Relations among human beings require collective human effort
By Carolyn Bennett
Addendum to thoughts by Mac Donald and Siegel
Some Americans feel that “the Government” is an external
entity that is “out to get them.” Some Americans feel that the United States (of)
America is an external entity that is “out to get them.” In each case, each feels
separate and apart, alien and self-alienating, although neither would take personal responsibility for alienating self.
These thoughts surface though not for the first time after reading recent articles by the Manhattan Institute’s
City Journal writers Heather Mac Donald (“Ferguson’s Unasked Questions: In the Missouri city and
elsewhere, the media clings to predetermined conclusions,” October 6, 2014)
and Fred Siegel (“Ferguson Fury: Activists,
Journalists Stuck in 1960s Racial Resentments,” August 19, 2014).
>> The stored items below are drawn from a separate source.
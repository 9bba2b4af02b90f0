-- ===== src/Rooms/Locks/Deadlock.antt =====
-- The one way in which the mutexes of the rooms block for ever.
use yuwibo_server.Prelude.{
  ℕ, ◌≡◌, ◌≢◌, refl, sym, ap, ◌∙◌, Bool, true, false, List, some, arith, ◌==◌, ==_iff, get_elem?,
  get_elem?-set_other, subst, some-injective, Bool-cases, inl, inr,
}
use yuwibo_server.Rooms.Locks.{
  outside, before_enter, before_remove, Place, Mutex, of_manager, of_room, is_held, creates, visits,
  enters, created, visited, empties, removes, removed, Moves, takes_manager, takes_new_room,
  takes_room, takes_manager_too, Takes, goes_on, takes, Step, none_taken, then_step, Steps,
  IsBlocked, IsCrossed,
}
use yuwibo_server.Rooms.Locks.Holders.{is_held_by, blocked-Crossed}

-- The room that a thread is about.
abbrev room_of : Place → ℕ
room_of (before_enter k) = k
room_of (before_remove k) = k
room_of p = 0

-- A place where a thread can only take one mutex.
abbrev pub WaitsFor : Mutex → Place → Type 0
WaitsFor m p = ((p' : Place) → Moves p p' → ⊥) × ((n : Mutex) (p' : Place) → Takes n p p' → n ≡ m)

pub before_enter-WaitsFor : (k : ℕ) (p : Place) → p ≡ before_enter k → WaitsFor (of_room k) p
before_enter-WaitsFor k p e = (λ p' m. goes p' p m e, λ n p' t. asks n p p' t e)
  where
    goes : (p' p : Place) → Moves p p' → p ≡ before_enter k → ⊥
    goes p' p creates e = cc
    goes p' p (visits n) e = cc
    goes p' p (enters n) e = cc
    goes p' p created e = cc
    goes p' p (visited n) e = cc
    goes p' p (empties n) e = cc
    goes p' p (removes n) e = cc
    goes p' p (removed n) e = cc

    asks : (n : Mutex) (p p' : Place) → Takes n p p' → p ≡ before_enter k → n ≡ of_room k
    asks n p p' (takes_manager j) e = cc
    asks n p p' (takes_new_room j) e = ap (λ q. of_room (room_of q)) e
    asks n p p' (takes_room j) e = cc
    asks n p p' (takes_manager_too j) e = cc

pub before_remove-WaitsFor : (k : ℕ) (p : Place) → p ≡ before_remove k → WaitsFor of_manager p
before_remove-WaitsFor k p e = (λ p' m. goes p' p m e, λ n p' t. asks n p p' t e)
  where
    goes : (p' p : Place) → Moves p p' → p ≡ before_remove k → ⊥
    goes p' p creates e = cc
    goes p' p (visits n) e = cc
    goes p' p (enters n) e = cc
    goes p' p created e = cc
    goes p' p (visited n) e = cc
    goes p' p (empties n) e = cc
    goes p' p (removes n) e = cc
    goes p' p (removed n) e = cc

    asks : (n : Mutex) (p p' : Place) → Takes n p p' → p ≡ before_remove k → n ≡ of_manager
    asks n p p' (takes_manager j) e = refl
    asks n p p' (takes_new_room j) e = cc
    asks n p p' (takes_room j) e = cc
    asks n p p' (takes_manager_too j) e = refl

pub WaitsFor-IsBlocked :
    (ps : List Place) (m : Mutex) (p : Place) → WaitsFor m p → is_held m ps ≡ true → IsBlocked ps p
WaitsFor-IsBlocked ps m p waits held =
    (waits.0, λ n p' t. ap (λ x. is_held x ps) (waits.1 n p' t) ∙ held)

-- A thread that waits for a mutex that is held stays where it is.
stays :
    (ps qs : List Place) (i : ℕ) (m : Mutex) (p : Place)
    → get_elem? ps i ≡ some p
    → WaitsFor m p
    → is_held m ps ≡ true
    → Step ps qs
    → get_elem? qs i ≡ some p
stays ps qs i m p here waits held (goes_on a q q' there moves) = elim (Bool-cases (a == i)) [
  | inl same ↦ absurd (waits.0 q' (subst (λ x. Moves x q') (is_same same there) moves))
  | inr other ↦ get_elem?-set_other ps a i q' (λ e. differs other e) ∙ here
]
  where
    is_same : (a == i) ≡ true → get_elem? ps a ≡ some q → q ≡ p
    is_same same there = some-injective (sym there ∙ ap (get_elem? ps) ((==_iff a i).0 same) ∙ here)

    differs : (a == i) ≡ false → a ≡ i → ⊥
    differs h e = ground arith
stays ps qs i m p here waits held (takes a n q q' there taken free) = elim (Bool-cases (a == i)) [
  | inl same ↦
      let wanted : n ≡ m = waits.1 n q' (subst (λ x. Takes n x q') (is_same same there) taken) in
      absurd (both (sym (ap (λ x. is_held x ps) wanted) ∙ free) held)
  | inr other ↦ get_elem?-set_other ps a i q' (λ e. differs other e) ∙ here
]
  where
    is_same : (a == i) ≡ true → get_elem? ps a ≡ some q → q ≡ p
    is_same same there = some-injective (sym there ∙ ap (get_elem? ps) ((==_iff a i).0 same) ∙ here)

    differs : (a == i) ≡ false → a ≡ i → ⊥
    differs h e = ground arith

    both : {b : Bool} → b ≡ false → b ≡ true → ⊥
    both f t = cc

IsCrossed-Step :
    (i j k : ℕ) (ps qs : List Place) → IsCrossed i j k ps → Step ps qs → IsCrossed i j k qs
IsCrossed-Step i j k ps qs (e, f) step = (
  stays ps qs i (of_room k) (before_enter k) e (before_enter-WaitsFor k (before_enter k) refl)
      (is_held_by (of_room k) ps j (before_remove k) f same) step,
  stays ps qs j of_manager (before_remove k) f (before_remove-WaitsFor k (before_remove k) refl)
      (is_held_by of_manager ps i (before_enter k) e refl) step,
)
  where
    same : (k == k) ≡ true
    same = ground arith

IsCrossed-Steps :
    (i j k : ℕ) (ps qs : List Place) → IsCrossed i j k ps → Steps ps qs → IsCrossed i j k qs
IsCrossed-Steps i j k ps qs c none_taken = c
IsCrossed-Steps i j k ps qs c (then_step rs _ steps step) =
    IsCrossed-Step i j k rs qs (IsCrossed-Steps i j k ps rs c steps) step

-- If every thread that is in an operation waits for a mutex that is held, and there is such a
-- thread, then one thread is to enter the room that it creates, and another one holds that room's
-- mutex and is to remove the room; and then these two wait in every state that any steps lead to.
pub deadlock-IsCrossed :
    (ps : List Place) (i : ℕ) (p : Place)
    → ((i : ℕ) (p : Place) → get_elem? ps i ≡ some p → p ≢ outside → IsBlocked ps p)
    → get_elem? ps i ≡ some p
    → p ≢ outside
    → (i : ℕ) × (j : ℕ) × (k : ℕ) × IsCrossed i j k ps
      × ((qs : List Place) → Steps ps qs → IsCrossed i j k qs)
deadlock-IsCrossed ps i p blocked here inside =
    let (a, b, k, crossed) = blocked-Crossed ps blocked i p here inside in
    (a, b, k, crossed, λ qs steps. IsCrossed-Steps a b k ps qs crossed steps)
Siegel exposes
the debilitating “grudge” mentality and Mac Donald the equally counterproductive
“race-racist-racism” mantra.
was lucky, I guess,
because as an adult and an older person, I realize that I never felt alienated
either from government or from the USA. I was raised pledging my allegiance to
the United States of America and to the Republic for which it stands; and
though I was born and raised in a racially segregated U.S. South, I was raised
neither on “racial inferiority” (or superiority) nor on race (racial) resentment.
These pathologies never took root in my character. I grew more and more to focus
on my own “mission,” so to speak, my own work; and when the call came in 1960s asking
what I could do for America, I finished my college credential and answered by
joining the U.S. Peace Corps and serving as a teacher in West Africa.
There began my worldview.
I have seen the resentment that Fred Siegel observes and
have myself fairly recently asked a black woman who had expressed disdain for a
baseball team that she said had been slow in hiring black men the questions
MacDonald asks, “How many qualified black people applied?” How many of those
applicants were turned down? The woman didn’t know but she still held on to a grudge.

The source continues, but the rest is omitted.